[Entries provided]
:::
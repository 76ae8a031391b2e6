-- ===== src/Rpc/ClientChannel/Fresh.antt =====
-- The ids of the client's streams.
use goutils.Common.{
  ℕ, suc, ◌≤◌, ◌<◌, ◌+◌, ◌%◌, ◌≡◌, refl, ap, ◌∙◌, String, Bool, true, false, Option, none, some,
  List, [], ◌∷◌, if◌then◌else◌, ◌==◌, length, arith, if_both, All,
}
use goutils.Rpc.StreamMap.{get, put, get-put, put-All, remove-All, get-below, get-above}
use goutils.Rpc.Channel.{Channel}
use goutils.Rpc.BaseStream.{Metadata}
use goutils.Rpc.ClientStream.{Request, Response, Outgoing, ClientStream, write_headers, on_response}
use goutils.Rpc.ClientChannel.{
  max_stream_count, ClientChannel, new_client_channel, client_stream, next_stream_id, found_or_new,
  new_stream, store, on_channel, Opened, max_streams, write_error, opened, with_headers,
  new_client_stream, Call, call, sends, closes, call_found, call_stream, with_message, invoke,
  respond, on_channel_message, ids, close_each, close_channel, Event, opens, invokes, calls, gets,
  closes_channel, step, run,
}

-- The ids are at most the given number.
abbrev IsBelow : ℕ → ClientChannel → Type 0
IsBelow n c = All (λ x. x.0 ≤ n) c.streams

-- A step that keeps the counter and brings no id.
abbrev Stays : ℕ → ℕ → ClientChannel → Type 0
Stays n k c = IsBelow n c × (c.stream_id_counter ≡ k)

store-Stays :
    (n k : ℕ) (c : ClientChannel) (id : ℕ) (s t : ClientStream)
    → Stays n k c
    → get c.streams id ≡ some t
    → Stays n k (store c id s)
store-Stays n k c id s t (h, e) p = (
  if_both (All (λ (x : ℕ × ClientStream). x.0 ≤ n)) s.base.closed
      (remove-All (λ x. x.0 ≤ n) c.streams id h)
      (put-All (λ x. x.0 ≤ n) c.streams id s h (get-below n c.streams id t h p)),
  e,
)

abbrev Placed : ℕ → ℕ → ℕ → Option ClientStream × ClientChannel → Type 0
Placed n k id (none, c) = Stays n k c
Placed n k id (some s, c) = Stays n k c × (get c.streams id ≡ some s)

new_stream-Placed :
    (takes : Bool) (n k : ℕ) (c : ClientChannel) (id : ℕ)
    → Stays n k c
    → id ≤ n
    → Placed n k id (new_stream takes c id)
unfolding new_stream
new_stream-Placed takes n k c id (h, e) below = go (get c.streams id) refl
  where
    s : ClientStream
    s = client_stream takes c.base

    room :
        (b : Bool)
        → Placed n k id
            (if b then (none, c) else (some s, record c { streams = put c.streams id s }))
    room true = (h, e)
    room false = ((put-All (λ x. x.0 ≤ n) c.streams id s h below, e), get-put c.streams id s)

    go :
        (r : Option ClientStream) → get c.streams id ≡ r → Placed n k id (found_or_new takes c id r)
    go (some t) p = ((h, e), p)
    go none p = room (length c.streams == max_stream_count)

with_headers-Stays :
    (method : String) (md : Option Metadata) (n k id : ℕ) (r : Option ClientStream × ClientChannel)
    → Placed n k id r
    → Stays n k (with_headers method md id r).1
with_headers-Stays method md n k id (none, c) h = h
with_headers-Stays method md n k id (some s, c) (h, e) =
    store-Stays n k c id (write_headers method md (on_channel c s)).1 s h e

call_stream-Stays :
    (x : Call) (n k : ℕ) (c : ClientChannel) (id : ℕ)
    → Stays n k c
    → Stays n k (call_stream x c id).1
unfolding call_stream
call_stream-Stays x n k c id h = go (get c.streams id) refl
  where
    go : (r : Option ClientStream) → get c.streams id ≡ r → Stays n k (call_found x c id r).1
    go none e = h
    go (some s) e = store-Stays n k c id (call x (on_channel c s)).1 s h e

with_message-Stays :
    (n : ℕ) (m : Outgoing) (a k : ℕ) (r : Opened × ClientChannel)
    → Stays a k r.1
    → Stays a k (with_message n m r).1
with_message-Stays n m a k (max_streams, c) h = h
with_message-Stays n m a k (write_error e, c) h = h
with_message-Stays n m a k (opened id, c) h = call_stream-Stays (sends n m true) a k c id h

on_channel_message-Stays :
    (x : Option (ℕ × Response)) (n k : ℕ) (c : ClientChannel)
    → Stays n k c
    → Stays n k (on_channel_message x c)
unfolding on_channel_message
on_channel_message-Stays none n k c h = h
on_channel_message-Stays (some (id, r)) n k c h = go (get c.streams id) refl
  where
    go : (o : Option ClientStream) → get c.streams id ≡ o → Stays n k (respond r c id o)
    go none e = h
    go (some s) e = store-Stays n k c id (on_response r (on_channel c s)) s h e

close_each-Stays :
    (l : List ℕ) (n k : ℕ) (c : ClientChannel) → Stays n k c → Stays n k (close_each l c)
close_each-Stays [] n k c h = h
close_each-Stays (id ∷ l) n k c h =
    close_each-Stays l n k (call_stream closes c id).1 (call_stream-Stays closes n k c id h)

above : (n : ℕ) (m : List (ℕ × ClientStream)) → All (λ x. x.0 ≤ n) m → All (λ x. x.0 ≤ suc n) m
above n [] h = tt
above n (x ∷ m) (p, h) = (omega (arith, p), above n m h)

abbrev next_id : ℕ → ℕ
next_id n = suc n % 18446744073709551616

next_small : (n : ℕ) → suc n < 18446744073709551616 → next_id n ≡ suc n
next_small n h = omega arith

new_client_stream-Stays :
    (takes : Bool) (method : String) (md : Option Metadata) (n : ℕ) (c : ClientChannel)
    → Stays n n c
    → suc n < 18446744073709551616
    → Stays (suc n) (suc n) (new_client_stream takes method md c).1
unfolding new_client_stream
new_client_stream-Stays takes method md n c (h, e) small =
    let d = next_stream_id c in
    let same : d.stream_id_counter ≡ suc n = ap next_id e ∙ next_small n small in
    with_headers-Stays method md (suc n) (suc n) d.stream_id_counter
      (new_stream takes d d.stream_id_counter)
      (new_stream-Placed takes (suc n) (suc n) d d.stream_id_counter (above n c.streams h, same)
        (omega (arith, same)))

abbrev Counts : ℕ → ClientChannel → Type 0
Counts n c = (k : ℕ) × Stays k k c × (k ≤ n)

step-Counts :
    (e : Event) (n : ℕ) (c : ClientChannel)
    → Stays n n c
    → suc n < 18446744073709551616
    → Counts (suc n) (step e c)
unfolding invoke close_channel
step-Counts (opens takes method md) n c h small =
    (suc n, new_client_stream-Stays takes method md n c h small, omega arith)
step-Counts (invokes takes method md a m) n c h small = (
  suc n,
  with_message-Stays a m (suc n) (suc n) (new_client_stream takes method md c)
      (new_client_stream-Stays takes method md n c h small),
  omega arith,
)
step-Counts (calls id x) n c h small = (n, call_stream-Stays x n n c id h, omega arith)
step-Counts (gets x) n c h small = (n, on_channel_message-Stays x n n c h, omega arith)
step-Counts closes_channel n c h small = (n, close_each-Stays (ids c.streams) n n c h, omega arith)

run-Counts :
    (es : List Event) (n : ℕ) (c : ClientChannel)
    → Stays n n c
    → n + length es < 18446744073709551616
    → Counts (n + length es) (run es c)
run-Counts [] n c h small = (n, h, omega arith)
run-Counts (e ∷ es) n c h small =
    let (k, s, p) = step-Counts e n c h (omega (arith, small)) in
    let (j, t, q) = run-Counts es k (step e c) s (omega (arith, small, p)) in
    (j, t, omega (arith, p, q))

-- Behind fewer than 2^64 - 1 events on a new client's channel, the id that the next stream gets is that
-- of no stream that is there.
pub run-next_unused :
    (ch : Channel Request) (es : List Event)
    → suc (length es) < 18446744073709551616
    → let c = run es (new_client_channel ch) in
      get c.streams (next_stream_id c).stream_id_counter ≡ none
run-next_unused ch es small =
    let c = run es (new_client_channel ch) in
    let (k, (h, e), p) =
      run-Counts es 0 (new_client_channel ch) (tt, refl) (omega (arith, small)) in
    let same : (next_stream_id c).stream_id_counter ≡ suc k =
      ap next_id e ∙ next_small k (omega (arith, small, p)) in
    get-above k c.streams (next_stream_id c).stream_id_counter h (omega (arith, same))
:::
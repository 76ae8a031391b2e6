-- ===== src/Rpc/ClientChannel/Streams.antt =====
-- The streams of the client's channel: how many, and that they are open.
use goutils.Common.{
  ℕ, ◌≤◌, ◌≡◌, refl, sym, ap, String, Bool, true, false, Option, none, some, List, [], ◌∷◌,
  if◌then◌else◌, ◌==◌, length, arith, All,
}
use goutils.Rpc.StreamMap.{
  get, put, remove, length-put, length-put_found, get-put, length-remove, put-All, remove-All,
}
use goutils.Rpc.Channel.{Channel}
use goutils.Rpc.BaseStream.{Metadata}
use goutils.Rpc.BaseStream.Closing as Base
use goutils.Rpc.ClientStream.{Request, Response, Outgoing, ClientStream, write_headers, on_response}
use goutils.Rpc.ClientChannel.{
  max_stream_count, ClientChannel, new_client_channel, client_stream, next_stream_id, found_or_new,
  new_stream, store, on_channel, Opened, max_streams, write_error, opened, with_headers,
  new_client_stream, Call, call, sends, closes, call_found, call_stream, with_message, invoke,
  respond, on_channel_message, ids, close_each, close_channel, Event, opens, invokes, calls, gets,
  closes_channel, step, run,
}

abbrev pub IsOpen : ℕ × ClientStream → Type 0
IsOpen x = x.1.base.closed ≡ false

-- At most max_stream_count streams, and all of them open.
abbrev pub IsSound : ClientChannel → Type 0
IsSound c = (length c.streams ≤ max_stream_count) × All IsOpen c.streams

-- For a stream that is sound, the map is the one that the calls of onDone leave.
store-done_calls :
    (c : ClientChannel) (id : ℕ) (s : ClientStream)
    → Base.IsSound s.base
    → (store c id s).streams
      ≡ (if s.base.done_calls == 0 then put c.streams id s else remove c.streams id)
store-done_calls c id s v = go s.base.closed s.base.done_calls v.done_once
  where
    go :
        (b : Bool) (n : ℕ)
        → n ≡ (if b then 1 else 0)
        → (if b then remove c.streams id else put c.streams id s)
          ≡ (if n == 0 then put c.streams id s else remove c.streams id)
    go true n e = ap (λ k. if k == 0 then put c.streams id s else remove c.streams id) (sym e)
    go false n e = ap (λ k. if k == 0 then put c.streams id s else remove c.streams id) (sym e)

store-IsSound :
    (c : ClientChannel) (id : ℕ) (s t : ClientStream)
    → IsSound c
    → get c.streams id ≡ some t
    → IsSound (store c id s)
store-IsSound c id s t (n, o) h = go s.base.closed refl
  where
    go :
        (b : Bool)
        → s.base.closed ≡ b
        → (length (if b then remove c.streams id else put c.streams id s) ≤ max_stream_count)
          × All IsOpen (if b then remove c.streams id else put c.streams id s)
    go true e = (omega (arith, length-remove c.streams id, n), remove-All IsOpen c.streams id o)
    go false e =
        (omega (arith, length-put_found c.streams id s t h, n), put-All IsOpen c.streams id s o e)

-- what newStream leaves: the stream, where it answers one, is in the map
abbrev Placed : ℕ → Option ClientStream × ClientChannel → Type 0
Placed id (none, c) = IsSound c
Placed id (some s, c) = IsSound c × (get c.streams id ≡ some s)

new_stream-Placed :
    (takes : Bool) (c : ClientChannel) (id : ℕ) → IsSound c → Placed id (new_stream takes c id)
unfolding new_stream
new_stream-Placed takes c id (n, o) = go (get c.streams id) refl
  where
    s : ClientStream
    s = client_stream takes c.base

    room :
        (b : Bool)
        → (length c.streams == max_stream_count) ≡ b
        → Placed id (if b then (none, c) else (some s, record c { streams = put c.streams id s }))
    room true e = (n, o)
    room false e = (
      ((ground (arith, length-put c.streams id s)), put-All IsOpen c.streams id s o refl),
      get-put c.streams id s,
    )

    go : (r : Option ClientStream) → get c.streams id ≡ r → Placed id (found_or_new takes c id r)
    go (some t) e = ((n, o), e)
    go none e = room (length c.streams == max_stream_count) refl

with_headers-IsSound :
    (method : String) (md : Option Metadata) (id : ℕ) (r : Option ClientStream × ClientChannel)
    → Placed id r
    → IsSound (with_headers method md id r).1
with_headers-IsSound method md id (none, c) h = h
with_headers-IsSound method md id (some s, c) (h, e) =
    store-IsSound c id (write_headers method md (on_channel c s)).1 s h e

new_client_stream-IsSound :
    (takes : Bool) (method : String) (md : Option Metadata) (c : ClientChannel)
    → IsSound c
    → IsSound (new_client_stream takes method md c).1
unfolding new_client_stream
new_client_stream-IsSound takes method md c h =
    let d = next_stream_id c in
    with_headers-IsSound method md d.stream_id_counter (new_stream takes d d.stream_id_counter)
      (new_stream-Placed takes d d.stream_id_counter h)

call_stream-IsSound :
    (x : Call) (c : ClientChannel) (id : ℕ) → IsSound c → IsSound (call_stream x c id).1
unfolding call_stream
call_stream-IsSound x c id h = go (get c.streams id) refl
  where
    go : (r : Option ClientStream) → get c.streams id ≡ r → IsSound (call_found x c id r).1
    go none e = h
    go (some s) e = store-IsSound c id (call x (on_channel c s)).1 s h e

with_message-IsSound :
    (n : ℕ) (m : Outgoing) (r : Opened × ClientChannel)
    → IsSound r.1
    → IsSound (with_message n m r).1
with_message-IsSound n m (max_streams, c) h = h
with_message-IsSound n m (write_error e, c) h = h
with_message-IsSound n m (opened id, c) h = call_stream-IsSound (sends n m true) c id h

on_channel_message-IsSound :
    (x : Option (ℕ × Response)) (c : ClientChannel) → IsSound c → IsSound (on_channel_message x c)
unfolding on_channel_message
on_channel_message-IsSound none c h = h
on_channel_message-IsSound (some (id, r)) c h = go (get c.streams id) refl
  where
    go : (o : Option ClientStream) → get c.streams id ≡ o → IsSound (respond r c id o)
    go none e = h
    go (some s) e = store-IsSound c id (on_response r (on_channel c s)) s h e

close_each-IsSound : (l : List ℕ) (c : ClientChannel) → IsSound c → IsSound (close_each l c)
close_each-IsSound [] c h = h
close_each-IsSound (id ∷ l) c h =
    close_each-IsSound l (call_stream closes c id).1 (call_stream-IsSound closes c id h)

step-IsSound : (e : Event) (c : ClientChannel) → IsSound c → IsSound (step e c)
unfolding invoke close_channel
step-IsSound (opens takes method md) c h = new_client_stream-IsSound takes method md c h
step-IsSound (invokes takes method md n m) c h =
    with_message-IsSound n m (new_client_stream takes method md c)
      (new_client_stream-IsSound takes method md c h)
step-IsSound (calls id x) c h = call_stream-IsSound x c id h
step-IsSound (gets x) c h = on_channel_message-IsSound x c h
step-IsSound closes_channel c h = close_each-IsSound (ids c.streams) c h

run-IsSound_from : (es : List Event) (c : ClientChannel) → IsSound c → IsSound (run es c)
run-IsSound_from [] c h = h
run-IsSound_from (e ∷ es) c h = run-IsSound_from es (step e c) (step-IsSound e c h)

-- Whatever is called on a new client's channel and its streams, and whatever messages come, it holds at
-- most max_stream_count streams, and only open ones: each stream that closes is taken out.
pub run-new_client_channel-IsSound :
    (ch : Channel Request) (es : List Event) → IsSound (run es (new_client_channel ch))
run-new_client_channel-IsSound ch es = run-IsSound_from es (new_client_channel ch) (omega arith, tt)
:::
[Task prompt] Across the records above, return every line that contains the word "opens".

[Written reply]
  respond, on_channel_message, ids, close_each, close_channel, Event, opens, invokes, calls, gets,
step-Counts (opens takes method md) n c h small =
  respond, on_channel_message, ids, close_each, close_channel, Event, opens, invokes, calls, gets,
step-IsSound (opens takes method md) c h = new_client_stream-IsSound takes method md c h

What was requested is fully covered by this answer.